*Goal of the exercise*.
Pick every line from the data that holds the word "record".

(Dataset extract begins)

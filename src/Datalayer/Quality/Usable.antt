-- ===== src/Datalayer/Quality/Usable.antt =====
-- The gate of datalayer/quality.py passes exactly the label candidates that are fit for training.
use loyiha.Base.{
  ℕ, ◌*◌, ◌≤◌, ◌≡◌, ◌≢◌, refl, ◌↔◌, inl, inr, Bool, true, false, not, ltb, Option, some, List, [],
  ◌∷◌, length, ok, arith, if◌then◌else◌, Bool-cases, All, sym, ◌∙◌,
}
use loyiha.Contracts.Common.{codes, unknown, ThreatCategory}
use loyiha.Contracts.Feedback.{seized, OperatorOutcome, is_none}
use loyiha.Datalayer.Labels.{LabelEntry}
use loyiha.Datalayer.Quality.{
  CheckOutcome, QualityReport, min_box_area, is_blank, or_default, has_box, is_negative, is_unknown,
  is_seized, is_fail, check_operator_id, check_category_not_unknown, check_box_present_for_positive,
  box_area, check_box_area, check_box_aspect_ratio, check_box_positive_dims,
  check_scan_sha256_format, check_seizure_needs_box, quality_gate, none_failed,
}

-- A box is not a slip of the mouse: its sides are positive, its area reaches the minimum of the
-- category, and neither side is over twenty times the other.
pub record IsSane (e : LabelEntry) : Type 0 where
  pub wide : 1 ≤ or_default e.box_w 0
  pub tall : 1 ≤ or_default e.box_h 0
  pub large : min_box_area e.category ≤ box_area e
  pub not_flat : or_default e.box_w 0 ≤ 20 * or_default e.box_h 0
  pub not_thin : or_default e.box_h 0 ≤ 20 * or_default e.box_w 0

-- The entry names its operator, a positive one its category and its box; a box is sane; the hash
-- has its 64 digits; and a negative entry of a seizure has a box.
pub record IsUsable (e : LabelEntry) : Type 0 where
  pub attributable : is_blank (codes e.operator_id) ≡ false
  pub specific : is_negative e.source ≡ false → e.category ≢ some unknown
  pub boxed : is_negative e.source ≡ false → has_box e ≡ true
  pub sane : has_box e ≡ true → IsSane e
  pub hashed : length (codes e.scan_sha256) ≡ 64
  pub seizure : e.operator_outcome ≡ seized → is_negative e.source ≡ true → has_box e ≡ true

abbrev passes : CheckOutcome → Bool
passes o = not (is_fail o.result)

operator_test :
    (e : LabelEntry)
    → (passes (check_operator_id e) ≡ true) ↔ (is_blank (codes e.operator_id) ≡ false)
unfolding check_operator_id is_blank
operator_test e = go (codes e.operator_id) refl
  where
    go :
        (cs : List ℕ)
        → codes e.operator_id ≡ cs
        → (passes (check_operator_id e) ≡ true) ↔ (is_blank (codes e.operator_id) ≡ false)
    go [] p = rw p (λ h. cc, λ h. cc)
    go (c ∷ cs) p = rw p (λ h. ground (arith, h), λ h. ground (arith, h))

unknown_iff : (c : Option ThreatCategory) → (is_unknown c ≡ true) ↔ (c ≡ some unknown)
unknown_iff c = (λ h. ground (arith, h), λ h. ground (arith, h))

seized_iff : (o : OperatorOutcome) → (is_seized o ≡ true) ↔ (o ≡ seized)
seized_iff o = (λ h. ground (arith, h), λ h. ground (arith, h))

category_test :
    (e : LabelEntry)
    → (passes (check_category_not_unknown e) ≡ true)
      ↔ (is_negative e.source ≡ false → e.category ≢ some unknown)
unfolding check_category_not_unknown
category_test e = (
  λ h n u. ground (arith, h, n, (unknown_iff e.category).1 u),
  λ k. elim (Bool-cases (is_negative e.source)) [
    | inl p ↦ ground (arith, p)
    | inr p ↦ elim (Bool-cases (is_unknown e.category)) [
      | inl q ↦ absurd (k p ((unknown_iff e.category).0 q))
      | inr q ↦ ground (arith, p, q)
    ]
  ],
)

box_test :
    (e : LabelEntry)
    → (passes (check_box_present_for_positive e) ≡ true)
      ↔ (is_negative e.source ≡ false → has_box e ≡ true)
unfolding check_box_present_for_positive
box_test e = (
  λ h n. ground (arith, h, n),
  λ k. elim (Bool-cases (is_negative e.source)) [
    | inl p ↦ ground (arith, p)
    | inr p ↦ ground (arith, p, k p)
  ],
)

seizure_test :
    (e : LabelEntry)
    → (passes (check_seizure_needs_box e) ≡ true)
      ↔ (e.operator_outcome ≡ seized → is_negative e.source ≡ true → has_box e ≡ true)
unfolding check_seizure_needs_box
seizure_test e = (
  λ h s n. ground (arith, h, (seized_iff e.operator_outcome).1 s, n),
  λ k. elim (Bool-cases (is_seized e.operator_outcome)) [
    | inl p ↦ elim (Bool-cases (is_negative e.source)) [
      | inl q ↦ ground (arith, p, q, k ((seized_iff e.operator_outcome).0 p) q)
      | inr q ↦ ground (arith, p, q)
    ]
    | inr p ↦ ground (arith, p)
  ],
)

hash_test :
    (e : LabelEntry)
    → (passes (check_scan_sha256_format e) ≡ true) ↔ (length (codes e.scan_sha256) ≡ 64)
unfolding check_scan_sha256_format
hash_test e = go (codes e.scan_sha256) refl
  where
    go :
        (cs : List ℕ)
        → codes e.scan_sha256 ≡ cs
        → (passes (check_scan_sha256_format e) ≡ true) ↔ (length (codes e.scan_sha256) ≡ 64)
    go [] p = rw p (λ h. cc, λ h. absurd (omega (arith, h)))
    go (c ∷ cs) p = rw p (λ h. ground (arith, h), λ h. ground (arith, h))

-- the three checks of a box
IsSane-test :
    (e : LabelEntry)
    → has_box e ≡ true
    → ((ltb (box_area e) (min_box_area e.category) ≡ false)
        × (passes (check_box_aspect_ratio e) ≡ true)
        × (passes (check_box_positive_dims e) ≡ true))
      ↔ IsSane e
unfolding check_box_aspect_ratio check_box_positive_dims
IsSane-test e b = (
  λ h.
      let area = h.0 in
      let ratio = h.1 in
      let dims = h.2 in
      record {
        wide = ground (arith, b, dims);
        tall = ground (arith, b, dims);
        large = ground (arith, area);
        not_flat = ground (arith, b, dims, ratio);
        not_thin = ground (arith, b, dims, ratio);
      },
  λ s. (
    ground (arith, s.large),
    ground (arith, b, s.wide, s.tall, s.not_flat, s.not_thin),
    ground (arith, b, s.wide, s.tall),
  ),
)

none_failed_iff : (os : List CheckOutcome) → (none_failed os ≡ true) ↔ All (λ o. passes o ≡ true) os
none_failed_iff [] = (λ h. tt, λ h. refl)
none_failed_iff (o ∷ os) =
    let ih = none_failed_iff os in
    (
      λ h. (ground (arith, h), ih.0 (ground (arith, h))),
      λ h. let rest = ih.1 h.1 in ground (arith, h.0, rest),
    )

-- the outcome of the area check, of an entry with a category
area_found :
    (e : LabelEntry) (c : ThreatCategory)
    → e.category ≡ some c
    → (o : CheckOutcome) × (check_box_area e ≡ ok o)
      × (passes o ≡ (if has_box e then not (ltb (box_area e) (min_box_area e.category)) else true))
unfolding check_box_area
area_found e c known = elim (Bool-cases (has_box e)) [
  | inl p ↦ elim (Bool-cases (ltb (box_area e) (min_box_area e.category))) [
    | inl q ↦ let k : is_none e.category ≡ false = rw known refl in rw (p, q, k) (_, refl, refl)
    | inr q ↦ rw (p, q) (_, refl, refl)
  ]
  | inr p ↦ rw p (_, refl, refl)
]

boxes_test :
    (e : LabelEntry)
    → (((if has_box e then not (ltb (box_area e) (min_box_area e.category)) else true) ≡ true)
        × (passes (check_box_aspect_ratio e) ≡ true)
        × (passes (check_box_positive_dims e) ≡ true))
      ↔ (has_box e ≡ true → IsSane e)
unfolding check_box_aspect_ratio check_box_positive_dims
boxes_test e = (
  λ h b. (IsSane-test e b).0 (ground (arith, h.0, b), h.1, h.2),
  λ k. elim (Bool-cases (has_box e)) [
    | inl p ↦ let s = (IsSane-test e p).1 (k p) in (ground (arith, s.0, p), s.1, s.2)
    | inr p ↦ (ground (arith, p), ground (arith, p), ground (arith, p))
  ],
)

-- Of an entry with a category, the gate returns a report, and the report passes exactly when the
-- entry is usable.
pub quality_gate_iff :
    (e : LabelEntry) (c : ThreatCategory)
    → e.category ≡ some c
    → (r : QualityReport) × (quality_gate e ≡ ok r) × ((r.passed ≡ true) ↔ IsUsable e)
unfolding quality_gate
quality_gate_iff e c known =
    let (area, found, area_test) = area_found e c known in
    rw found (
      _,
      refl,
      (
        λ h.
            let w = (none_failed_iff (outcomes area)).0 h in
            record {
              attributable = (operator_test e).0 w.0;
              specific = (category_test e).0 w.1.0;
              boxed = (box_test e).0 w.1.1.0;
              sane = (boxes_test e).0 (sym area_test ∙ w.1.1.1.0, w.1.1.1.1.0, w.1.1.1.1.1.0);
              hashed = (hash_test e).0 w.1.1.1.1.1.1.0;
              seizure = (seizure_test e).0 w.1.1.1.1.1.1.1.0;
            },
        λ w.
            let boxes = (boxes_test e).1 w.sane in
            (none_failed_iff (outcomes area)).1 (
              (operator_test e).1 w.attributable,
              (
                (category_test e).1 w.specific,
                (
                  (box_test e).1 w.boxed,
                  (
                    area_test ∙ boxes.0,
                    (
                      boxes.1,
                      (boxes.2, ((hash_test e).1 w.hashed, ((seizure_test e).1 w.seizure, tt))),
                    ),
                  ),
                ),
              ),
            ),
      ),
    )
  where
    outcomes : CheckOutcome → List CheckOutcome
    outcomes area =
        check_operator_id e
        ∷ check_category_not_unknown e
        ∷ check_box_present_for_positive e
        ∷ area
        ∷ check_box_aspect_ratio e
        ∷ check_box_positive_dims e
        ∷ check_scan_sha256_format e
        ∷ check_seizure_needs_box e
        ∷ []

(Dataset extract ends)

*Task answer*.
pub record IsSane (e : LabelEntry) : Type 0 where
pub record IsUsable (e : LabelEntry) : Type 0 where
      record {
            record {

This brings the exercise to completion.